____ RECORDS PROVIDED
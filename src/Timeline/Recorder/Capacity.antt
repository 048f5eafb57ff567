-- ===== src/Timeline/Recorder/Capacity.antt =====
-- internal/observability/timeline/recorder.go: what the entries of a recorder are, and how many.
use realtime_speech_pipeline.Base.{
  ℕ, ◌+◌, ◌≤◌, String, Bool, true, false, ◌≡◌, refl, inl, inr, List, [], ◌∷◌, Result, ok, err,
  >>-eq-ok, if◌then◌else◌, ltb, leb, Bool-cases, arith,
}
use realtime_speech_pipeline.Base.Int.{ℤ}
use realtime_speech_pipeline.Base.Lists.{length, length-append, All, All-append}
use realtime_speech_pipeline.Base.Members.{has}
use realtime_speech_pipeline.Timeline.Baseline.{BaselineEvidence, validate_completeness}
use realtime_speech_pipeline.Timeline.{
  ProviderAttemptEvidence, InvocationSnapshotEvidence, validate_attempt, validate_snapshot,
}
use realtime_speech_pipeline.Timeline.Recorder.{
  append_baseline, append_baseline_checked, Recorder, DetailEvent, key_of, new_recorder,
  validate_attempts, append_attempts_checked, append_provider_invocation_attempts,
  append_snapshot_checked, append_invocation_snapshot, append_detail, append_detail_checked,
  drop_detail, check_detail, Call, after, run,
}

-- Every kind of entry keeps to its capacity, and what is stored was accepted by its validation.
pub record IsSound (r : Recorder) : Type 0 where
  pub baselines : length r.baseline_entries ≤ r.cfg.baseline_capacity
  pub baselines_valid : All (λ b. validate_completeness b ≡ ok tt) r.baseline_entries
  pub details : length r.detail_entries ≤ r.cfg.detail_capacity
  pub attempts : length r.attempt_entries ≤ r.cfg.attempt_capacity
  pub snapshots : length r.snapshot_entries ≤ r.cfg.invocation_snapshot_cap
  pub attempts_valid : All (λ a. validate_attempt a ≡ ok tt) r.attempt_entries
  pub snapshots_valid : All (λ s. validate_snapshot s ≡ ok tt) r.snapshot_entries

validate_attempts-All :
    (l : List ProviderAttemptEvidence)
    → validate_attempts l ≡ ok tt
    → All (λ a. validate_attempt a ≡ ok tt) l
unfolding validate_attempts
validate_attempts-All [] h = tt
validate_attempts-All (a ∷ l) h =
    let (first, rest) = >>-eq-ok (validate_attempt a) (validate_attempts l) h in
    (first, validate_attempts-All l rest)

append_attempts-IsSound :
    (l : List ProviderAttemptEvidence) (r : Recorder)
    → validate_attempts l ≡ ok tt
    → IsSound r
    → IsSound (append_attempts_checked (ok tt) l r).0
unfolding append_attempts_checked
append_attempts-IsSound l r h s =
    elim (Bool-cases (ltb r.cfg.attempt_capacity (length r.attempt_entries + length l))) [
      | inl e ↦ rw e s
      | inr d ↦ rw d (record {
        baselines = s.baselines;
        baselines_valid = s.baselines_valid;
        details = s.details;
        attempts = ground (arith, d, length-append r.attempt_entries l);
        snapshots = s.snapshots;
        attempts_valid =
            All-append _ r.attempt_entries l s.attempts_valid (validate_attempts-All l h);
        snapshots_valid = s.snapshots_valid;
      })
    ]

checked-IsSound :
    (l : List ProviderAttemptEvidence) (r : Recorder) (v : Result (Unit {0}))
    → validate_attempts l ≡ v
    → IsSound r
    → IsSound (append_attempts_checked v l r).0
unfolding append_attempts_checked
checked-IsSound l r (err e) h s = s
checked-IsSound l r (ok tt) h s = append_attempts-IsSound l r h s

append_snapshot-IsSound :
    (e : InvocationSnapshotEvidence) (r : Recorder) (v : Result (Unit {0}))
    → validate_snapshot e ≡ v
    → IsSound r
    → IsSound (append_snapshot_checked v e r).0
unfolding append_snapshot_checked
append_snapshot-IsSound e r (err m) h s = s
append_snapshot-IsSound e r (ok tt) h s =
    elim (Bool-cases (leb r.cfg.invocation_snapshot_cap (length r.snapshot_entries))) [
      | inl f ↦ rw f s
      | inr d ↦ rw d (record {
        baselines = s.baselines;
        baselines_valid = s.baselines_valid;
        details = s.details;
        attempts = s.attempts;
        snapshots = ground (arith, d, length-append r.snapshot_entries (e ∷ []));
        attempts_valid = s.attempts_valid;
        snapshots_valid = All-append _ r.snapshot_entries (e ∷ []) s.snapshots_valid (h, tt);
      })
    ]

append_baseline-IsSound :
    (b : BaselineEvidence) (r : Recorder) (v : Result (Unit {0}))
    → validate_completeness b ≡ v
    → IsSound r
    → IsSound (append_baseline_checked v b r).0
unfolding append_baseline_checked
append_baseline-IsSound b r (err m) h s = s
append_baseline-IsSound b r (ok tt) h s =
    elim (Bool-cases (leb r.cfg.baseline_capacity (length r.baseline_entries))) [
      | inl f ↦ rw f s
      | inr d ↦ rw d (record {
        baselines = ground (arith, d, length-append r.baseline_entries (b ∷ []));
        baselines_valid = All-append _ r.baseline_entries (b ∷ []) s.baselines_valid (h, tt);
        details = s.details;
        attempts = s.attempts;
        snapshots = s.snapshots;
        attempts_valid = s.attempts_valid;
        snapshots_valid = s.snapshots_valid;
      })
    ]

-- A recorder with more drops counted, or more turns downgraded, holds what it held.
drop-IsSound : (d : DetailEvent) (r : Recorder) → IsSound r → IsSound (drop_detail d r).0
unfolding drop_detail
drop-IsSound d r s = elim (Bool-cases (has (key_of d) r.downgrade_by_turn)) [
  | inl e ↦ rw e (same s)
  | inr e ↦ rw e (same s)
]
  where
    same :
        {n : ℕ} {keys : List String}
        → IsSound r
        → IsSound (record r { dropped_details = n; downgrade_by_turn = keys })
    same s = record {
      baselines = s.baselines;
      baselines_valid = s.baselines_valid;
      details = s.details;
      attempts = s.attempts;
      snapshots = s.snapshots;
      attempts_valid = s.attempts_valid;
      snapshots_valid = s.snapshots_valid;
    }

append_detail-IsSound :
    (d : DetailEvent) (r : Recorder) (v : Result (Unit {0}))
    → IsSound r
    → IsSound (append_detail_checked v d r).0
unfolding append_detail_checked
append_detail-IsSound d r (err m) s = s
append_detail-IsSound d r (ok tt) s =
    elim (Bool-cases (ltb (length r.detail_entries) r.cfg.detail_capacity)) [
      | inl e ↦ rw e (record {
        baselines = s.baselines;
        baselines_valid = s.baselines_valid;
        details = ground (arith, e, length-append r.detail_entries (d ∷ []));
        attempts = s.attempts;
        snapshots = s.snapshots;
        attempts_valid = s.attempts_valid;
        snapshots_valid = s.snapshots_valid;
      })
      | inr n ↦ rw n (drop-IsSound d r s)
    ]

either-IsSound :
    (b : Bool) (x y : Recorder × Result (Unit {0}))
    → IsSound x.0
    → IsSound y.0
    → IsSound (if b then x else y).0
either-IsSound true x y sx sy = sx
either-IsSound false x y sx sy = sy

after-IsSound : (call : Call) (r : Recorder) → IsSound r → IsSound (after call r)
unfolding append_baseline append_provider_invocation_attempts append_invocation_snapshot
    append_detail
after-IsSound (Call.baseline b) r s = append_baseline-IsSound b r (validate_completeness b) refl s
after-IsSound (Call.attempts []) r s = s
after-IsSound (Call.attempts (a ∷ l)) r s =
    checked-IsSound (a ∷ l) r (validate_attempts (a ∷ l)) refl s
after-IsSound (Call.snapshot e) r s =
    either-IsSound r.cfg.enable_invocation_snapshot _ _
      (append_snapshot-IsSound e r (validate_snapshot e) refl s) s
after-IsSound (Call.detail d) r s = append_detail-IsSound d r (check_detail d) s

run-from : (calls : List Call) (r : Recorder) → IsSound r → IsSound (run calls r)
run-from [] r s = s
run-from (call ∷ calls) r s = run-from calls (after call r) (after-IsSound call r s)

-- After any sequence of calls on a new recorder, the baselines, the details, the attempts and the
-- snapshots each keep to their capacity, and every baseline, attempt and snapshot that is stored is one
-- that its check accepts.
pub run-IsSound :
    (baselines details attempts snapshots : ℤ) (enabled : Bool) (calls : List Call)
    → IsSound (run calls (new_recorder baselines details attempts snapshots enabled))
unfolding new_recorder
run-IsSound baselines details attempts snapshots enabled calls =
    run-from calls (new_recorder baselines details attempts snapshots enabled) (record {
      baselines = omega arith;
      baselines_valid = tt;
      details = omega arith;
      attempts = omega arith;
      snapshots = omega arith;
      attempts_valid = tt;
      snapshots_valid = tt;
    })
________
PROMPT — State how many lines of the records contain the word "BaselineEvidence". Give that number alone.

SOLUTION TO THE EXERCISE — 2